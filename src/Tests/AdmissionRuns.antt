-- ===== src/Tests/AdmissionRuns.antt =====
-- Verification (src/modelguard/sdk.py) and admission (src/modelguard/admission.py) of an artifact
-- that a trusted key signed.
use modelguard.Tests.Samples.{digest_zero, mbom}
use modelguard.Base.{
  inr, String, ◌≡◌, ◌≢◌, ◌↔◌, refl, Bool, true, false, some, none, List, [], ◌∷◌, string_eq, nat_eq,
}
use modelguard.Base.Result.{ok, err}
use modelguard.Exceptions.{foreign, value_error}
use modelguard.Hashing.{ArtifactDigest}
use modelguard.Policy.Models.{PolicyDocument, is_allowed}
use modelguard.Policy.Engine.{evaluate, build_context}
use modelguard.Scanning.{run_scanners}
use modelguard.Signing.Envelope.{SignatureEnvelope}
use modelguard.Signing.Schemes.{
  Cryptography, valid, default_verifiers, decode_hex_strict, key_fingerprint,
}
use modelguard.Signing.TrustConfig.{TrustConfig, unconstrained, evaluate_trust, status_eq}
use modelguard.Signing.Verifier.{
  verify_envelope_signature, signed_scheme, verify_under, find_verifier, check_key_binding,
  check_artifact_digest, check_mbom_digest,
}
use modelguard.Sdk.Verification.{
  VerificationResult, RevocationSource, ModelGuard, World, attempt, hash_with, consult, conclude,
  check_artifact, verify, judge_signer,
}
use modelguard.Sdk.Verification.Verdict.{Clear, verify-allowed_iff}
use modelguard.Sdk.Verification.Returns.{Guarded, verify_returns}
use modelguard.Sdk.PolicyCheck.{Site, check_policy_detailed, scan_artifact}
use modelguard.Audit.Chain.{append_entry, append_on, settled, left_behind, with_line, link_behind}
use modelguard.Audit.Log.{to_record, record_event}
use modelguard.Admission.{AdmissionReason, AdmissionRequest, event_of, admit, judge}
use modelguard.Admission.Gate.{Passes, IsRecorded, checked, admit-admitted_iff}
use modelguard.Admission.Trail.{admit-verify_chain}
use modelguard.Audit.Chain.{
  ChainEntry, LogFile, completes, fails, part, read_all_entries, verify_chain, verify_entries,
}
use modelguard.Admission.Evidence.{Evidence, admitted_is_established}

-- Stand-ins for SHA-256, for the `cryptography` package and for `fnmatch`.
abbrev lenient : Cryptography
lenient = record { ed25519 = λ k s m. valid; ecdsa_p256 = λ k s m. valid }

abbrev any_name : String → String → Bool
any_name name pattern = true

abbrev summary : List AdmissionReason → String
summary reasons = "refused"

abbrev envelope : SignatureEnvelope
envelope = record {
  signature_type = "ed25519";
  payload = record {
    schema_version = "2";
    artifact_digest = "sha256:aa";
    mbom_digest = "sha256:0000000000000000000000000000000000000000000000000000000000000000";
    model_id = some "demo";
    version = some "1";
    signer_identity = "dev";
    signed_at = "now";
    signature_algorithm = some "ed25519";
    key_id = some "0000000000000000000000000000000000000000000000000000000000000000";
  };
  signature =
      "00112233445566778899aabbccddeeff00112233445566778899aabbccddeeff00112233445566778899aabbccddeeff00112233445566778899aabbccddeeff";
  public_key = "00112233445566778899aabbccddeeff00112233445566778899aabbccddeeff";
}

abbrev artifact : ArtifactDigest
artifact = record { algorithm = "sha256"; digest = "aa"; artifact_type = "file"; files = [] }

abbrev nothing_revoked : RevocationSource
nothing_revoked = record { is_revoked = λ model_id version. ok none }

abbrev trust : TrustConfig
trust = record {
  version = "1";
  keys = unconstrained "0000000000000000000000000000000000000000000000000000000000000000" ∷ [];
}

abbrev guard : ModelGuard
guard = record {
  allow_legacy_signatures = false;
  trust = some trust;
  registry = some nothing_revoked;
  hasher = none;
}

abbrev world : World
world = record {
  hash_artifact = λ path. ok artifact;
  read_mbom = λ path. ok mbom;
  read_envelope = λ path. ok envelope;
}

abbrev result : VerificationResult
result = record {
  allowed = true;
  artifact_digest = "sha256:aa";
  signature_valid = true;
  mbom_valid = true;
  revoked = false;
  reasons = [];
  digest_matches = true;
  signer_trusted = some true;
  revocation_checked = true;
  digest_from_cache = false;
  signature_algorithm = some "ed25519";
  signer_key_fingerprint = some "0000000000000000000000000000000000000000000000000000000000000000";
}

verifies : verify any_name digest_zero lenient guard world 5 "a" "m" "s" ≡ ok result
unfolding verify string_eq nat_eq status_eq attempt verify_envelope_signature signed_scheme
    verify_under find_verifier default_verifiers decode_hex_strict check_key_binding key_fingerprint
    hash_with check_artifact_digest consult conclude check_mbom_digest judge_signer evaluate_trust
    unconstrained check_artifact
verifies = refl

verify-allowed_iff_example :
    ((r : VerificationResult) × (verify any_name digest_zero lenient guard world 5 "a" "m" "s"
        ≡ ok r)
      × (r.allowed ≡ true))
    ↔ Clear any_name digest_zero lenient guard world 5 "a" mbom envelope
verify-allowed_iff_example =
    verify-allowed_iff any_name digest_zero lenient guard world 5 "a" "m" "s" mbom envelope refl
      refl

verify_returns_example :
    (r : VerificationResult) × (verify any_name digest_zero lenient guard world 5 "a" "m" "s"
      ≡ ok r)
unfolding hash_with consult Guarded string_eq
verify_returns_example =
    verify_returns lenient digest_zero any_name guard world 5 "a" "m" "s" mbom envelope (some none)
      refl refl tt refl

abbrev permissive : PolicyDocument
permissive = record { version = "1"; name = "none"; environment = none; rules = [] }

abbrev site : Site
site = record {
  world = world;
  is_file = λ path. true;
  parse_signature = λ path. ok envelope;
  scanners = λ path. [];
  load_policy = λ path. ok permissive;
}

abbrev request : AdmissionRequest
request = record {
  artifact_path = "a";
  mbom_path = "m";
  signature_path = "s";
  policy_path = "p";
  actor = "deployer";
  correlation_id = "c";
  evaluation_id = "e";
  timestamp = "now";
  clock = 5;
}

is_admitted :
    (admit summary digest_zero any_name lenient guard site completes (some none) request).0.admitted
    ≡ true
unfolding admit check_policy_detailed scan_artifact run_scanners build_context evaluate record_event
    append_entry append_on settled left_behind with_line link_behind verify string_eq nat_eq
    status_eq attempt verify_envelope_signature signed_scheme verify_under find_verifier
    default_verifiers decode_hex_strict check_key_binding key_fingerprint hash_with
    check_artifact_digest consult conclude check_mbom_digest judge_signer evaluate_trust
    unconstrained check_artifact is_allowed
is_admitted = refl

full_disk :
    (admit summary digest_zero any_name lenient guard site
      (fails (foreign "OSError") part)
      (some none)
      request).0.admitted
    ≡ false
unfolding admit record_event append_entry append_on settled left_behind with_line link_behind
full_disk = refl

admit-admitted_iff_example :
    ((admit summary digest_zero any_name lenient guard site completes
        (some none)
        request).0.admitted
      ≡ true)
    ↔ ((guard.trust ≢ none)
        × ((check : _) × (checked summary digest_zero any_name lenient guard site request
              ≡ ok check)
            × Passes check)
        × IsRecorded summary digest_zero completes
            (some none)
            request
            (judge summary digest_zero any_name lenient guard site request))
admit-admitted_iff_example =
    admit-admitted_iff summary digest_zero any_name lenient guard site request completes (some none)

admitted_is_established_example : Evidence any_name digest_zero lenient guard world 5 "a" "s"
admitted_is_established_example =
    admitted_is_established any_name digest_zero lenient guard summary site request completes
      (some none) is_admitted

admit-verify_chain_example :
    (e : ChainEntry) × (log' : LogFile) × (e.entry_record
      ≡ to_record (
          event_of summary "deployer" "now"
            (judge summary digest_zero any_name lenient guard site request)))
    × ((admit summary digest_zero any_name lenient guard site
          (fails (foreign "OSError") part)
          (some none)
          request).1
        ≡ some log')
    × (read_all_entries log' ≡ err value_error)
    × (verify_chain digest_zero log' ≡ err value_error)
unfolding read_all_entries verify_chain verify_entries
admit-verify_chain_example =
    admit-verify_chain summary digest_zero any_name lenient guard site
      (fails (foreign "OSError") part) none [] request refl refl (inr refl) tt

WORK REQUIRED
Identify each line of the material where the word "fails" shows up, and copy it.

SOLUTION FOR THIS PROBLEM
  ChainEntry, LogFile, completes, fails, part, read_all_entries, verify_chain, verify_entries,
      (fails (foreign "OSError") part)
          (fails (foreign "OSError") part)
      (fails (foreign "OSError") part) none [] request refl refl (inr refl) tt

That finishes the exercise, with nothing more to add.